(SOURCE DATA Opens)

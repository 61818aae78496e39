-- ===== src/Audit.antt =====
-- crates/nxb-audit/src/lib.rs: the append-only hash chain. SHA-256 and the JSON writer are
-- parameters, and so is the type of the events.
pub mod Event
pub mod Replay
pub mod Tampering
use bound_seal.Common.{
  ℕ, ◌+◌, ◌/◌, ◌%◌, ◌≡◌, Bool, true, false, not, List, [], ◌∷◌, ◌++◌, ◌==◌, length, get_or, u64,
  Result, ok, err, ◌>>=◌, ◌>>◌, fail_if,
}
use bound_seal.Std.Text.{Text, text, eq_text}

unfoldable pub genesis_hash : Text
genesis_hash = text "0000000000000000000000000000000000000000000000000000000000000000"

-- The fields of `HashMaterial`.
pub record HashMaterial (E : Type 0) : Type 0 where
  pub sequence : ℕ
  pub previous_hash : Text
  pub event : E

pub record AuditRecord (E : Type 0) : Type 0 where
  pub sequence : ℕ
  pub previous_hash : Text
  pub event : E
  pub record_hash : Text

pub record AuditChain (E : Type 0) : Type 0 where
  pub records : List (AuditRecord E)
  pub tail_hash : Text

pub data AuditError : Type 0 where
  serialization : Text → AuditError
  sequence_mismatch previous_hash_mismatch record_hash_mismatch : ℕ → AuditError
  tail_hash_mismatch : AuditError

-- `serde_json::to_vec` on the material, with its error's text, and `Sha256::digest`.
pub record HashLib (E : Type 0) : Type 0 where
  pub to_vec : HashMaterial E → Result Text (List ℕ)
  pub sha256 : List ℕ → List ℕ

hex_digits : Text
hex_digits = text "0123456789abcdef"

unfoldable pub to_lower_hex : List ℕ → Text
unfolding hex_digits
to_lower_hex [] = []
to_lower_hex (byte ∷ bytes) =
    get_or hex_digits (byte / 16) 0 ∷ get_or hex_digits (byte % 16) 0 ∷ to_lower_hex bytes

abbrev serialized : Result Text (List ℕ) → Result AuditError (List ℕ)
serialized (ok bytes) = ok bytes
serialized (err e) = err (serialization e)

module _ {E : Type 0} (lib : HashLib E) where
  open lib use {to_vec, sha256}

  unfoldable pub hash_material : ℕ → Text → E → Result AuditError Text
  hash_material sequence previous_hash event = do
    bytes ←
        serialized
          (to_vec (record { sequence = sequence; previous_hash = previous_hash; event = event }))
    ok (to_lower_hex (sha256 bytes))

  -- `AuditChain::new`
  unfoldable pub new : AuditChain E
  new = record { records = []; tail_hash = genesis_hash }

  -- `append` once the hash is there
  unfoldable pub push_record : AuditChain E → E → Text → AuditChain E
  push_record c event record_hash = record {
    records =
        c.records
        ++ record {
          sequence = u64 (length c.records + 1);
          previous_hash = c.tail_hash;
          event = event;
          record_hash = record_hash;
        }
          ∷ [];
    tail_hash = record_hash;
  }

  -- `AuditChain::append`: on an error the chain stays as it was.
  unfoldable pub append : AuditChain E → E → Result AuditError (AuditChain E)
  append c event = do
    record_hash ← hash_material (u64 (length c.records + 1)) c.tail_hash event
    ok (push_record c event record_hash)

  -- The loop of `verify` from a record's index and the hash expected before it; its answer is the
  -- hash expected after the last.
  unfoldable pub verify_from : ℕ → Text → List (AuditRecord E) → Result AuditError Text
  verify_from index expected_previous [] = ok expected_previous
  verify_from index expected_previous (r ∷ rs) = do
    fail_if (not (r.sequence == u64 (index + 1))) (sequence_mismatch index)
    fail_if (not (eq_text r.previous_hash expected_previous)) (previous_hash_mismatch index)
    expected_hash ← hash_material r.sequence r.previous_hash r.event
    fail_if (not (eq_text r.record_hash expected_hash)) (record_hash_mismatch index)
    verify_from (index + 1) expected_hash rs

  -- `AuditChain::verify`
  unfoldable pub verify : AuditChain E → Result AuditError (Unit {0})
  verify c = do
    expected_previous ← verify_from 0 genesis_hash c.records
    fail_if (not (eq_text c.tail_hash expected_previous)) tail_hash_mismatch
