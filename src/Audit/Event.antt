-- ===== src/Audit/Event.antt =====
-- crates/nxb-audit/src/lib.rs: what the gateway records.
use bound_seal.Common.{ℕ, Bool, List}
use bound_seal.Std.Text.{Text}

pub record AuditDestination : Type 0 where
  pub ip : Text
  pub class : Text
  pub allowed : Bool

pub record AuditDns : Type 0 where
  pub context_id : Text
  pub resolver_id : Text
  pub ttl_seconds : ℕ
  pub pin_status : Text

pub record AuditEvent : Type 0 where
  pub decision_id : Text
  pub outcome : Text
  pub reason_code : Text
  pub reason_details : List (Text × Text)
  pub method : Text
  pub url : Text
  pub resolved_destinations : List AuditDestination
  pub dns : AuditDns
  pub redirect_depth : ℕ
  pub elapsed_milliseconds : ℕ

(SOURCE DATA Closes)

■ **YOUR GOAL**:
A word-for-word copy of the material is required.

■ **COMPLETED TASK**:
repository 61818aae78496e39
-- ===== src/Audit.antt =====
-- crates/nxb-audit/src/lib.rs: the append-only hash chain. SHA-256 and the JSON writer are
-- parameters, and so is the type of the events.
pub mod Event
pub mod Replay
pub mod Tampering
use bound_seal.Common.{
  ℕ, ◌+◌, ◌/◌, ◌%◌, ◌≡◌, Bool, true, false, not, List, [], ◌∷◌, ◌++◌, ◌==◌, length, get_or, u64,
  Result, ok, err, ◌>>=◌, ◌>>◌, fail_if,
}
use bound_seal.Std.Text.{Text, text, eq_text}

unfoldable pub genesis_hash : Text
genesis_hash = text "0000000000000000000000000000000000000000000000000000000000000000"

-- The fields of `HashMaterial`.
pub record HashMaterial (E : Type 0) : Type 0 where
  pub sequence : ℕ
  pub previous_hash : Text
  pub event : E

pub record AuditRecord (E : Type 0) : Type 0 where
  pub sequence : ℕ
  pub previous_hash : Text
  pub event : E
  pub record_hash : Text

pub record AuditChain (E : Type 0) : Type 0 where
  pub records : List (AuditRecord E)
  pub tail_hash : Text

pub data AuditError : Type 0 where
  serialization : Text → AuditError
  sequence_mismatch previous_hash_mismatch record_hash_mismatch : ℕ → AuditError
  tail_hash_mismatch : AuditError

-- `serde_json::to_vec` on the material, with its error's text, and `Sha256::digest`.
pub record HashLib (E : Type 0) : Type 0 where
  pub to_vec : HashMaterial E → Result Text (List ℕ)
  pub sha256 : List ℕ → List ℕ

hex_digits : Text
hex_digits = text "0123456789abcdef"

unfoldable pub to_lower_hex : List ℕ → Text
unfolding hex_digits
to_lower_hex [] = []
to_lower_hex (byte ∷ bytes) =
    get_or hex_digits (byte / 16) 0 ∷ get_or hex_digits (byte % 16) 0 ∷ to_lower_hex bytes

abbrev serialized : Result Text (List ℕ) → Result AuditError (List ℕ)
serialized (ok bytes) = ok bytes
serialized (err e) = err (serialization e)

module _ {E : Type 0} (lib : HashLib E) where
  open lib use {to_vec, sha256}

  unfoldable pub hash_material : ℕ → Text → E → Result AuditError Text
  hash_material sequence previous_hash event = do
    bytes ←
        serialized
          (to_vec (record { sequence = sequence; previous_hash = previous_hash; event = event }))
    ok (to_lower_hex (sha256 bytes))

  -- `AuditChain::new`
  unfoldable pub new : AuditChain E
  new = record { records = []; tail_hash = genesis_hash }

  -- `append` once the hash is there
  unfoldable pub push_record : AuditChain E → E → Text → AuditChain E
  push_record c event record_hash = record {
    records =
        c.records
        ++ record {
          sequence = u64 (length c.records + 1);
          previous_hash = c.tail_hash;
          event = event;
          record_hash = record_hash;
        }
          ∷ [];
    tail_hash = record_hash;
  }

  -- `AuditChain::append`: on an error the chain stays as it was.
  unfoldable pub append : AuditChain E → E → Result AuditError (AuditChain E)
  append c event = do
    record_hash ← hash_material (u64 (length c.records + 1)) c.tail_hash event
    ok (push_record c event record_hash)

  -- The loop of `verify` from a record's index and the hash expected before it; its answer is the
  -- hash expected after the last.
  unfoldable pub verify_from : ℕ → Text → List (AuditRecord E) → Result AuditError Text
  verify_from index expected_previous [] = ok expected_previous
  verify_from index expected_previous (r ∷ rs) = do
    fail_if (not (r.sequence == u64 (index + 1))) (sequence_mismatch index)
    fail_if (not (eq_text r.previous_hash expected_previous)) (previous_hash_mismatch index)
    expected_hash ← hash_material r.sequence r.previous_hash r.event
    fail_if (not (eq_text r.record_hash expected_hash)) (record_hash_mismatch index)
    verify_from (index + 1) expected_hash rs

  -- `AuditChain::verify`
  unfoldable pub verify : AuditChain E → Result AuditError (Unit {0})
  verify c = do
    expected_previous ← verify_from 0 genesis_hash c.records
    fail_if (not (eq_text c.tail_hash expected_previous)) tail_hash_mismatch
filename src/Audit/Event.antt
-- ===== src/Audit/Event.antt =====
-- crates/nxb-audit/src/lib.rs: what the gateway records.
use bound_seal.Common.{ℕ, Bool, List}
use bound_seal.Std.Text.{Text}

pub record AuditDestination : Type 0 where
  pub ip : Text
  pub class : Text
  pub allowed : Bool

pub record AuditDns : Type 0 where
  pub context_id : Text
  pub resolver_id : Text
  pub ttl_seconds : ℕ
  pub pin_status : Text

pub record AuditEvent : Type 0 where
  pub decision_id : Text
  pub outcome : Text
  pub reason_code : Text
  pub reason_details : List (Text × Text)
  pub method : Text
  pub url : Text
  pub resolved_destinations : List AuditDestination
  pub dns : AuditDns
  pub redirect_depth : ℕ
  pub elapsed_milliseconds : ℕ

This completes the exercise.